■ What you are asked to do
In the entries that follow, find the line containing "pub data Result"; from there, copy every line exactly through the line containing "w).0 f (m w).1".

■ Data to examine
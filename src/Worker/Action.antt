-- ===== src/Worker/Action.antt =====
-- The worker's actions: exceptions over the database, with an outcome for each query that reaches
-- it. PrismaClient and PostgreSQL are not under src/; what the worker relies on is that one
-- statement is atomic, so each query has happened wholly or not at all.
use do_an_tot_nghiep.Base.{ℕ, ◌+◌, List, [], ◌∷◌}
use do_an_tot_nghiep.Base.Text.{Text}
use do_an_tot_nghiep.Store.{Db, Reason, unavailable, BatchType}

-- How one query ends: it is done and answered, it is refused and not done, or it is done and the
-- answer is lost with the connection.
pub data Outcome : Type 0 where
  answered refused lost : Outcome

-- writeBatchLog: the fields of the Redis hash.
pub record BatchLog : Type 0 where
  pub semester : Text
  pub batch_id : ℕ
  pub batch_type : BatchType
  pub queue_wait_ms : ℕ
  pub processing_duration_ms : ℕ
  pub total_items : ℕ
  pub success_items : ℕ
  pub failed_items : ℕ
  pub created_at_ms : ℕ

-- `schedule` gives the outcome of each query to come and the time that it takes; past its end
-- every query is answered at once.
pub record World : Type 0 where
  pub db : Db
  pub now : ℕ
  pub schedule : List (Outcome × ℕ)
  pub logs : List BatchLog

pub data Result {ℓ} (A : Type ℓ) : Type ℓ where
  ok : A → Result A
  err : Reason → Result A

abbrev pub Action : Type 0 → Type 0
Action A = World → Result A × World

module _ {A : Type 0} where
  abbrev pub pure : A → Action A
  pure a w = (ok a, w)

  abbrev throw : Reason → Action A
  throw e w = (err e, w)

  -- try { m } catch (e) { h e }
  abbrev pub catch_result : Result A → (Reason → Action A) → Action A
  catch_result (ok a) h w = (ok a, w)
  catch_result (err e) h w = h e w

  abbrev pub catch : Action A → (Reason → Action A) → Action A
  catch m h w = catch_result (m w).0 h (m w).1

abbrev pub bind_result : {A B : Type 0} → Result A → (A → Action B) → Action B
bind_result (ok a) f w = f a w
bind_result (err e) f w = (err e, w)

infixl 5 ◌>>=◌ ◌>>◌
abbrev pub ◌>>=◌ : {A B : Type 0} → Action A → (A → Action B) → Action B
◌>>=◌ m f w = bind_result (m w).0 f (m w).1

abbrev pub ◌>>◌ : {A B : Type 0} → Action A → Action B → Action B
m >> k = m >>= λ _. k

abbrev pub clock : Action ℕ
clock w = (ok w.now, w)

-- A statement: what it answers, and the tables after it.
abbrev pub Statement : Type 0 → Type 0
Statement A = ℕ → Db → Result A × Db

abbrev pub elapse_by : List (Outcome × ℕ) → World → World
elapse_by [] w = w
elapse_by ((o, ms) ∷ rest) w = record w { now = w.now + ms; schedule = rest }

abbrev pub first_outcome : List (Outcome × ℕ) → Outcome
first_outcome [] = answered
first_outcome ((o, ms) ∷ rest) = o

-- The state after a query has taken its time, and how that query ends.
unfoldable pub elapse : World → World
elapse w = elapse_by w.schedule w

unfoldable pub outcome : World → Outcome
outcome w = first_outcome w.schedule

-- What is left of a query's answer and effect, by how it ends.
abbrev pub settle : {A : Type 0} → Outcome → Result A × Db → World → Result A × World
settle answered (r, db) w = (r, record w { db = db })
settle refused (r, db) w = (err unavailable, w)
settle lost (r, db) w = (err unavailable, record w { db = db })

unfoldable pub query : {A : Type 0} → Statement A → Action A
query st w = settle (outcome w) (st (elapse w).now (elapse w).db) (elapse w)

■ Response to the task
pub data Result {ℓ} (A : Type ℓ) : Type ℓ where
  ok : A → Result A
  err : Reason → Result A

abbrev pub Action : Type 0 → Type 0
Action A = World → Result A × World

module _ {A : Type 0} where
  abbrev pub pure : A → Action A
  pure a w = (ok a, w)

  abbrev throw : Reason → Action A
  throw e w = (err e, w)

  -- try { m } catch (e) { h e }
  abbrev pub catch_result : Result A → (Reason → Action A) → Action A
  catch_result (ok a) h w = (ok a, w)
  catch_result (err e) h w = h e w

  abbrev pub catch : Action A → (Reason → Action A) → Action A
  catch m h w = catch_result (m w).0 h (m w).1

abbrev pub bind_result : {A B : Type 0} → Result A → (A → Action B) → Action B
bind_result (ok a) f w = f a w
bind_result (err e) f w = (err e, w)

infixl 5 ◌>>=◌ ◌>>◌
abbrev pub ◌>>=◌ : {A B : Type 0} → Action A → (A → Action B) → Action B
◌>>=◌ m f w = bind_result (m w).0 f (m w).1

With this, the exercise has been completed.